As long as people have been moving goods, other people have been stealing them. So it's no surprise that cargo theft is major problem for trucking. If you run a fleet, you've had to deal with theft, probably more often then you'd like to admit. And that's part of the problem.
Despite your own inevitable experiences with cargo theft, my guess is that you'll be surprised to hear current estimates of the value of goods stolen in transit in the U.S. range from $10- to $25-billion a year. In line with its share of the cargo market, trucking endures about 85% of those thefts.
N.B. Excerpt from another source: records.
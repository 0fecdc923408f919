-- ===== src/Clients/Decoupled/Connections/Sessions.antt =====
-- Any calls of a client, one behind the other.
use geldstrom.Prelude.{ℕ, ◌≡◌, List, Option, none, String}
use geldstrom.Tan.{ChallengeHandler}
use geldstrom.Dialog.{Connection}
use geldstrom.Clients.{GatewayCredentials, World}
use geldstrom.Clients.Fetching.{Operations}
use geldstrom.Clients.Fints3.{Client}
use geldstrom.Clients.Decoupled.Polling.{
  Formats, poll_tan, snapshot_pending, cleanup_pending, disconnect, resume_and_poll,
}
use geldstrom.Clients.Decoupled.Connections.{IsClear, IsHeld, IsClear-IsHeld}
use geldstrom.Clients.Decoupled.Connections.Starts.{Start, start, start-IsHeld}
use geldstrom.Clients.Decoupled.Connections.Polls.{polls-IsHeld}
use geldstrom.Clients.Decoupled.Connections.Resumes.{read_poll}
use geldstrom.Clients.Decoupled.Connections.Reopens.{HasSystemId, IsCaught, resume_and_poll-IsClear}

module _ (c : Connection) (formats : Formats) (creds : GatewayCredentials) (reference : String)
    (handler : Option ChallengeHandler) (operations : Operations c) where
  open c use {Link}

  -- What calls make of a client and the connections, where no operation starts and no snapshot is polled
  -- while a challenge is pending, and a snapshot is polled only with an assigned system id and where the
  -- poll raises at most a `TimeoutError` or a `ValueError`.
  pub data Calls (client : Client) (w : World Link) : Client → World Link → Type 0 where
    begun : Calls client w client w
    started :
        {client' : Client} {w' : World Link} (s : Start)
        → client'.pending ≡ none
        → Calls client w client' w'
        → Calls client w
            (start c formats.blobs creds reference handler operations s client' w').0
            (start c formats.blobs creds reference handler operations s client' w').1
    polled :
        {client' : Client} {w' : World Link}
        → Calls client w client' w'
        → Calls client w
            (poll_tan c formats creds reference operations client' w').1
            (poll_tan c formats creds reference operations client' w').2
    snapshotted :
        {client' : Client} {w' : World Link}
        → Calls client w client' w'
        → Calls client w
            (snapshot_pending c formats creds reference operations client' w').1
            (snapshot_pending c formats creds reference operations client' w').2
    resumed :
        {client' : Client} {w' : World Link} (bytes : String)
        → client'.pending ≡ none
        → HasSystemId (formats.deserialize_snapshot bytes)
        → IsCaught
            (read_poll c formats creds reference operations (formats.deserialize_snapshot bytes) w')
        → Calls client w client' w'
        → Calls client w
            (resume_and_poll c formats creds reference operations bytes client' w').1
            (resume_and_poll c formats creds reference operations bytes client' w').2
    cleaned :
        {client' : Client} {w' : World Link}
        → Calls client w client' w'
        → Calls client w
            (cleanup_pending c formats creds reference operations client' w').0
            (cleanup_pending c formats creds reference operations client' w').1
    disconnected :
        {client' : Client} {w' : World Link}
        → Calls client w client' w'
        → Calls client w
            (disconnect c formats creds reference operations client' w').0
            (disconnect c formats creds reference operations client' w').1

  -- Without a challenge, a client that is held is clear.
  held-IsClear :
      (base : List ℕ) (client : Client) (w : World Link)
      → client.pending ≡ none
      → IsHeld c base client w
      → IsClear c base client w
  held-IsClear base client w free held = simp free at held

  -- Over any calls of a client whose session state has an assigned system id, where no operation starts
  -- and no snapshot is polled while a challenge is pending, and where a snapshot is polled only with an
  -- assigned system id and when its poll raises at most a `TimeoutError` or a `ValueError`, whatever else
  -- the bank answers and the calls raise: the open connections are those that were open before, and,
  -- while a challenge is pending, that of its context.
  pub Calls-IsHeld :
      (base : List ℕ) {client : Client} {w : World Link} {client' : Client} {w' : World Link}
      → IsHeld c base client w
      → Calls client w client' w'
      → IsHeld c base client' w'
  Calls-IsHeld base held begun = held
  Calls-IsHeld base held (started {client' = client'} {w' = w'} s free before) =
      start-IsHeld c base formats.blobs creds reference handler operations s client' w'
        (held-IsClear base client' w' free (Calls-IsHeld base held before))
  Calls-IsHeld base held (polled {client' = client'} {w' = w'} before) =
      (polls-IsHeld c base formats creds reference operations client' w'
        (Calls-IsHeld base held before)).0
  Calls-IsHeld base held (snapshotted {client' = client'} {w' = w'} before) =
      (polls-IsHeld c base formats creds reference operations client' w'
        (Calls-IsHeld base held before)).1
  Calls-IsHeld base held (resumed {client' = client'} {w' = w'} bytes free known caught before) =
      IsClear-IsHeld c base _ _ (
        resume_and_poll-IsClear c base formats creds reference operations bytes client' w'
          (held-IsClear base client' w' free (Calls-IsHeld base held before)) known caught)
  Calls-IsHeld base held (cleaned {client' = client'} {w' = w'} before) =
      IsClear-IsHeld c base _ _
        (polls-IsHeld c base formats creds reference operations client' w'
          (Calls-IsHeld base held before)).2
  Calls-IsHeld base held (disconnected {client' = client'} {w' = w'} before) =
      IsClear-IsHeld c base _ _
        (polls-IsHeld c base formats creds reference operations client' w'
          (Calls-IsHeld base held before)).3
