-- ===== src/Dialog/Lifecycle.antt =====
-- When a dialog is open: what each method needs of it and leaves behind, on every way out.
use geldstrom.Prelude.{
  ◌≡◌, ◌≢◌, refl, true, false, List, Option, Outcome, ok, raised, Bool-cases, inl, inr,
}
use geldstrom.Segments.{Segment, Segments}
use geldstrom.Responses.{Processed, process}
use geldstrom.Tan.{
  ChallengeHandler, TanRaise, pending, cancelled_by_user, handler_error, TanStrategy,
  handle_response,
}
use geldstrom.Dialog.{
  Dialog, DialogRaise, already_open, not_open, link, tan_pending, Connection, received,
  send_segments, handled, settled, initialized, initialize, end_dialog, strategy, receive,
  tan_raise, LinkRaise, connection_failed, unreadable, ended, dispatched,
}

module _ (c : Connection) where
  open c use {Link, exchange}

  -- After `initialize` on a closed dialog.
  abbrev pub AfterInitialize : Outcome DialogRaise Processed × Dialog × Link → Type 0
  AfterInitialize (ok response, d, l) = (d.is_open ≡ true) × (d.is_initialized ≡ true)
  AfterInitialize (raised (tan_pending challenge reference), d, l) =
      (d.is_open ≡ true) × (d.is_initialized ≡ true)
  AfterInitialize (raised e, d, l) = (d.is_open ≡ false) × (e ≢ already_open) × (e ≢ not_open)

  abbrev Ready : Outcome DialogRaise Processed × Dialog × Link → Type 0
  Ready (ok response, d, l) = (d.is_open ≡ true) × (d.is_initialized ≡ true)
  Ready (raised (tan_pending challenge reference), d, l) =
      (d.is_open ≡ true) × (d.is_initialized ≡ true)
  Ready (raised e, d, l) = (e ≢ already_open) × (e ≢ not_open)

  settled-AfterInitialize :
      (r : Outcome DialogRaise Processed × Dialog × Link) → Ready r → AfterInitialize (settled c r)
  settled-AfterInitialize (ok response, d, l) h = h
  settled-AfterInitialize (raised (tan_pending challenge reference), d, l) h = h
  settled-AfterInitialize (raised (link connection_failed), d, l) h =
      (refl, (λ e. cc e), (λ e. cc e))
  settled-AfterInitialize (raised (link unreadable), d, l) h = (refl, h.0, h.1)
  settled-AfterInitialize (raised e, d, l) h = (refl, h.0, h.1)

  strategy-Ready :
      (s : TanStrategy) (handler : Option ChallengeHandler) (response : Processed) (d : Dialog)
      (l : Link)
      → d.is_open ≡ true
      → d.is_initialized ≡ true
      → Ready (strategy c s handler response, d, l)
  strategy-Ready s handler response d l o i = by_outcome (handle_response s response handler)
    where
      by_outcome :
          (r : Outcome TanRaise (Option Processed))
          → Ready (
            (elim r [
              | ok final ↦ ok (dispatched c final response)
              | raised e ↦ raised (tan_raise e)
            ]),
            d,
            l,
          )
      by_outcome (ok final) = (o, i)
      by_outcome (raised (pending challenge reference)) = (o, i)
      by_outcome (raised cancelled_by_user) = ((λ e. cc e), (λ e. cc e))
      by_outcome (raised handler_error) = ((λ e. cc e), (λ e. cc e))

  received-Ready :
      (handler : Option ChallengeHandler) (d : Dialog) (r : Outcome LinkRaise Segments × Link)
      → d.is_open ≡ true
      → Ready (handled c handler (initialized c (received c d r)))
  unfolding received receive
  received-Ready handler d (raised e, l) o = ((λ e. cc e), (λ e. cc e))
  received-Ready handler d (ok raw, l) o =
      strategy-Ready d.tan_strategy handler (process raw) _ l o refl

  -- `initialize` on a closed dialog: it returns with the dialog open and initialized, or raises
  -- `DecoupledTANPending` with the dialog open and initialized, or raises anything else with the
  -- dialog closed; and it does not raise that the dialog was open or not open.
  pub initialize-closed :
      (extra : List Segment) (handler : Option ChallengeHandler) (d : Dialog) (l : Link)
      → d.is_open ≡ false
      → AfterInitialize (initialize c extra handler d l)
  unfolding initialize send_segments
  initialize-closed extra handler d l h = rw h (
      settled-AfterInitialize _
        (received-Ready handler (record d { challenge_handler = handler; is_open = true }) _ refl))

  ended-closed :
      (r : Outcome DialogRaise Processed × Dialog × Link) → ((ended c r).1).is_open ≡ false
  ended-closed (ok response, d, l) = refl
  ended-closed (raised e, d, l) = refl

  -- Whatever the connection does, the dialog is closed after `end`.
  pub end_dialog-closes : (d : Dialog) (l : Link) → ((end_dialog c d l).1).is_open ≡ false
  unfolding end_dialog
  end_dialog-closes d l = elim (Bool-cases d.is_open) [
    | inl open' ↦ rw open' (ended-closed _)
    | inr closed ↦ rw closed
  ]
And as high as those numbers may be, they don't even include indirect costs for law enforcement, insurance or security activity triggered by stolen freight.
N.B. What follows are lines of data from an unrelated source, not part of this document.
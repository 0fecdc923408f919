-- ===== src/Segments/Numbering.antt =====
-- Segments are numbered in the order in which they join a message.
use geldstrom.Prelude.{
  ℕ, ◌+◌, ◌≡◌, ◌∙◌, List, [], ◌∷◌, ◌++◌, length, arith, append_assoc, append-nil,
}
use geldstrom.Segments.{Segment}
use geldstrom.Segments.Message.{Message, with_number, append, append_all}

-- The segments, numbered from `n` on and otherwise as they are.
abbrev pub numbered_from : ℕ → List Segment → List Segment
numbered_from n [] = []
numbered_from n (s ∷ ss) = with_number n s ∷ numbered_from (n + 1) ss

pub append_all-segments :
    (ss : List Segment) (m : Message)
    → (append_all m ss).segments ≡ m.segments ++ numbered_from m.next_segment_number ss
unfolding append_all
append_all-segments [] m = rw append-nil
append_all-segments (s ∷ ss) m = append_all-segments ss (append m s) ∙ rw append_assoc

pub append_all-next :
    (ss : List Segment) (m : Message)
    → (append_all m ss).next_segment_number ≡ m.next_segment_number + length ss
unfolding append_all
append_all-next [] m = omega arith
append_all-next (s ∷ ss) m = append_all-next ss (append m s) ∙ omega arith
Any other issue that's costing billions of dollars a year quickly becomes a prime topic of conversation at all of the industry's public forums — but not the year-in, year-out plundering of freight. No one wants to be the first one to publicly admit cargo in their care has been stolen, so the size of the problem remains largely hidden.
That reluctance is understandable. No one enjoys negative publicity, especially if it undermines customer confidence in your service. It's a particularly sensitive issue if you suspect someone inside your organization was involved, as is often the case. Also, it's easier to absorb smaller claims than risk an increase in insurance premiums or give away customer information to competitors.
Problems swept under the rug, though, don't get solved. As uncomfortable as it may make you feel, it's time to deal with the issue as an individual fleet and as an industry.
Why not leave it alone? For one thing, the FBI and other law-enforcement groups say this “victimless” crime is becoming more violent, which means you owe it to your employees to do what you can to shield them from potential harm. And since it adds to the overall cost of running a truck fleet, you owe it to your shippers, stockholders and other customers, internal and external, to address the issue.
Most importantly, though, you probably don't have a choice. Domestic counter-terrorism efforts have targeted cargo security as a prime goal. While the intent is to keep terrorists from turning trucks into mobile bombs or contaminating cargo, the required step-up in security should also make it tougher for freight to “fall off the truck.”
Those efforts already include new background check requirements, surveillance programs like Highway Watch, and even a new FBI database just for tracking cargo thefts. Even the terrorism-inspired Patriot Act has weighed in on the issue, specifically setting stiff federal prison sentences for anyone convicted of cargo theft.
As useful as these government efforts may be, there is no silver bullet for such a persistent and pervasive problem as cargo theft. It's going to take many weapons, both simple and sophisticated, to bring the thieves with eyes on your trucks under control. But before the industry can even begin to figure out how best to deal with the issue, trucking has to admit that it has a cargo theft problem — a big one.